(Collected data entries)
********

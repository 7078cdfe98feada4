-- ===== src/Db.antt =====
-- The tables of the control plane (worker/migrations/0001_init.sql, worker/src/db).
pub mod Jobs
pub mod Users
pub mod JobView
pub mod Budget
pub mod Sessions
pub mod JobItems
pub mod Credentials
pub mod AuditLog
pub mod ConfigTable
pub mod Tenants
use entra_shift.Common.{List, Text, text_eq, any, delete, ◌&&◌}
use entra_shift.Contracts.{MigrationUser, JobItem, AuditEntry}
use Jobs.{JobRow}
use Budget.{BudgetRow}
use Sessions.{SessionRecord, AuthFlowRecord}
use Credentials.{CredentialRow}
use ConfigTable.{ConfigMap}
use Tenants.{TenantRow}

pub record Database : Type 0 where
  pub sessions : List SessionRecord
  pub auth_flow : List AuthFlowRecord
  pub users : List MigrationUser
  pub jobs : List JobRow
  pub job_items : List JobItem
  pub credentials : List CredentialRow
  pub audit_log : List AuditEntry
  pub budget_counters : List BudgetRow
  pub config : ConfigMap
  pub tenants : List TenantRow

-- `DELETE FROM migration_users`, with the rows that `ON DELETE CASCADE` takes along: the user's jobs,
-- their items, and the user's credentials.
unfoldable pub remove_user : Text → Database → Database
remove_user id db = record db {
  users = Users.remove id db.users;
  jobs = delete (λ j. text_eq j.migration_user_id id) db.jobs;
  job_items =
      delete (λ i. any (λ j. text_eq j.id i.job_id && text_eq j.migration_user_id id) db.jobs)
        db.job_items;
  credentials = delete (λ c. text_eq c.migration_user_id id) db.credentials;
}
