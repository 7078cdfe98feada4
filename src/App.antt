-- ===== src/App.antt =====
-- What a request handler runs in: the bindings of worker/src/env.ts, the runtime, and a monad of
-- state and thrown errors. What was written before a throw stays written, as with D1 outside a
-- batch.
pub mod Actions
pub mod Triple
pub mod Steps
use entra_shift.Common.{
  ℕ, suc, Bool, true, false, List, [], ◌∷◌, Option, none, some, Text, if◌then◌else◌,
}
use entra_shift.Contracts.{Instant, JobDispatchMessage}
use entra_shift.Errors.{Thrown}
use entra_shift.Graph.{ProvisionInput}
use entra_shift.Db.{Database}
use entra_shift.Db.Budget.{Usage}

-- The functions of the Workers runtime that the code calls: the n-th draws of `randomUUID` and of
-- `opaqueToken`, the bytes that are there for the n-th draw of a nonce or of a temporary password,
-- SHA-256 in hexadecimal, `toLowerCase` and `toUpperCase`.
pub record Runtime : Type 0 where
  pub uuid : ℕ → Text
  pub token : ℕ → Text
  pub random_bytes : ℕ → List ℕ
  pub sha256_hex : Text → Text
  pub to_lower : Text → Text
  pub to_upper : Text → Text

-- The variables of `Env` that the modelled code reads.
pub record Vars : Type 0 where
  pub session_ttl_seconds : Text
  pub min_poll_interval_sec : Text
  pub allowed_group_id : Text
  pub dev_auth_bypass : Option Text
  pub entra_tenant_id : Text
  pub oidc_client_id : Text
  pub cf_access_team_domain : Text
  pub cf_access_aud : Text
  pub master_encryption_key : Text

-- `queue` holds the messages sent and `background` the uses handed to `waitUntil`, the newest
-- first. `accounts` are the users that Microsoft Graph has created on request, with their passwords,
-- the newest first. A request runs at one instant, `now`. `draws` counts the random values drawn.
pub record World : Type 0 where
  pub db : Database
  pub queue : List JobDispatchMessage
  pub background : List Usage
  pub accounts : List ProvisionInput
  pub now : Instant
  pub draws : ℕ
  pub runtime : Runtime
  pub vars : Vars

pub data Result (A : Type 0) : Type 0 where
  ok : A → Result A
  err : Thrown → Result A

abbrev pub App : Type 0 → Type 0
App A = World → Result A × World

module _ {A : Type 0} where
  pub pure : A → App A
  pure a w = (ok a, w)

  pub throw : Thrown → App A
  throw e w = (err e, w)

  pub gets : (World → A) → App A
  gets f w = (ok (f w), w)

  -- `if (!x) throw e`, handing on what is there.
  pub or_throw : Option A → Thrown → App A
  or_throw none e w = (err e, w)
  or_throw (some a) e w = (ok a, w)

  -- An action that changes the world and returns what it computes from it.
  pub act : (World → A × World) → App A
  act f w = let (a, w') = f w in (ok a, w')

-- A computation without effects that may throw.
abbrev pub lift : {A : Type 0} → Result A → App A
lift (ok a) = pure a
lift (err e) = throw e

-- `if (c) throw e`.
pub throw_if : Bool → Thrown → App (Unit {0})
throw_if true e w = (err e, w)
throw_if false e w = (ok tt, w)

pub modify : (World → World) → App (Unit {0})
modify f w = (ok tt, f w)

-- What comes behind an action: a throw skips it.
abbrev continue : {A B : Type 0} → Result A → (A → App B) → App B
continue (ok a) f w = f a w
continue (err e) f w = (err e, w)

-- Opening this opens the actions above too.
infixl 5 ◌>>=◌ ◌>>◌
unfoldable pub ◌>>=◌ : {A B : Type 0} → App A → (A → App B) → App B
unfolding pure throw gets or_throw act throw_if modify
◌>>=◌ m f w = let (r, w') = m w in continue r f w'

abbrev pub ◌>>◌ : {A B : Type 0} → App A → App B → App B
m >> k = m >>= λ _. k

abbrev recover : {A : Type 0} → Result A → (Thrown → App A) → App A
recover (ok a) h w = (ok a, w)
recover (err e) h w = h e w

-- `try { m } catch (e) { h(e) }`.
unfoldable pub try_catch : {A : Type 0} → App A → (Thrown → App A) → App A
try_catch m h w = let (r, w') = m w in recover r h w'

********

Exercise directions - Taking the records above, retype every line from the one with "the bytes that" down to the one with "pub pure : A → App A", exactly and with nothing else.

Answer space -
-- `opaqueToken`, the bytes that are there for the n-th draw of a nonce or of a temporary password,
-- SHA-256 in hexadecimal, `toLowerCase` and `toUpperCase`.
pub record Runtime : Type 0 where
  pub uuid : ℕ → Text
  pub token : ℕ → Text
  pub random_bytes : ℕ → List ℕ
  pub sha256_hex : Text → Text
  pub to_lower : Text → Text
  pub to_upper : Text → Text

-- The variables of `Env` that the modelled code reads.
pub record Vars : Type 0 where
  pub session_ttl_seconds : Text
  pub min_poll_interval_sec : Text
  pub allowed_group_id : Text
  pub dev_auth_bypass : Option Text
  pub entra_tenant_id : Text
  pub oidc_client_id : Text
  pub cf_access_team_domain : Text
  pub cf_access_aud : Text
  pub master_encryption_key : Text

-- `queue` holds the messages sent and `background` the uses handed to `waitUntil`, the newest
-- first. `accounts` are the users that Microsoft Graph has created on request, with their passwords,
-- the newest first. A request runs at one instant, `now`. `draws` counts the random values drawn.
pub record World : Type 0 where
  pub db : Database
  pub queue : List JobDispatchMessage
  pub background : List Usage
  pub accounts : List ProvisionInput
  pub now : Instant
  pub draws : ℕ
  pub runtime : Runtime
  pub vars : Vars

pub data Result (A : Type 0) : Type 0 where
  ok : A → Result A
  err : Thrown → Result A

abbrev pub App : Type 0 → Type 0
App A = World → Result A × World

module _ {A : Type 0} where
  pub pure : A → App A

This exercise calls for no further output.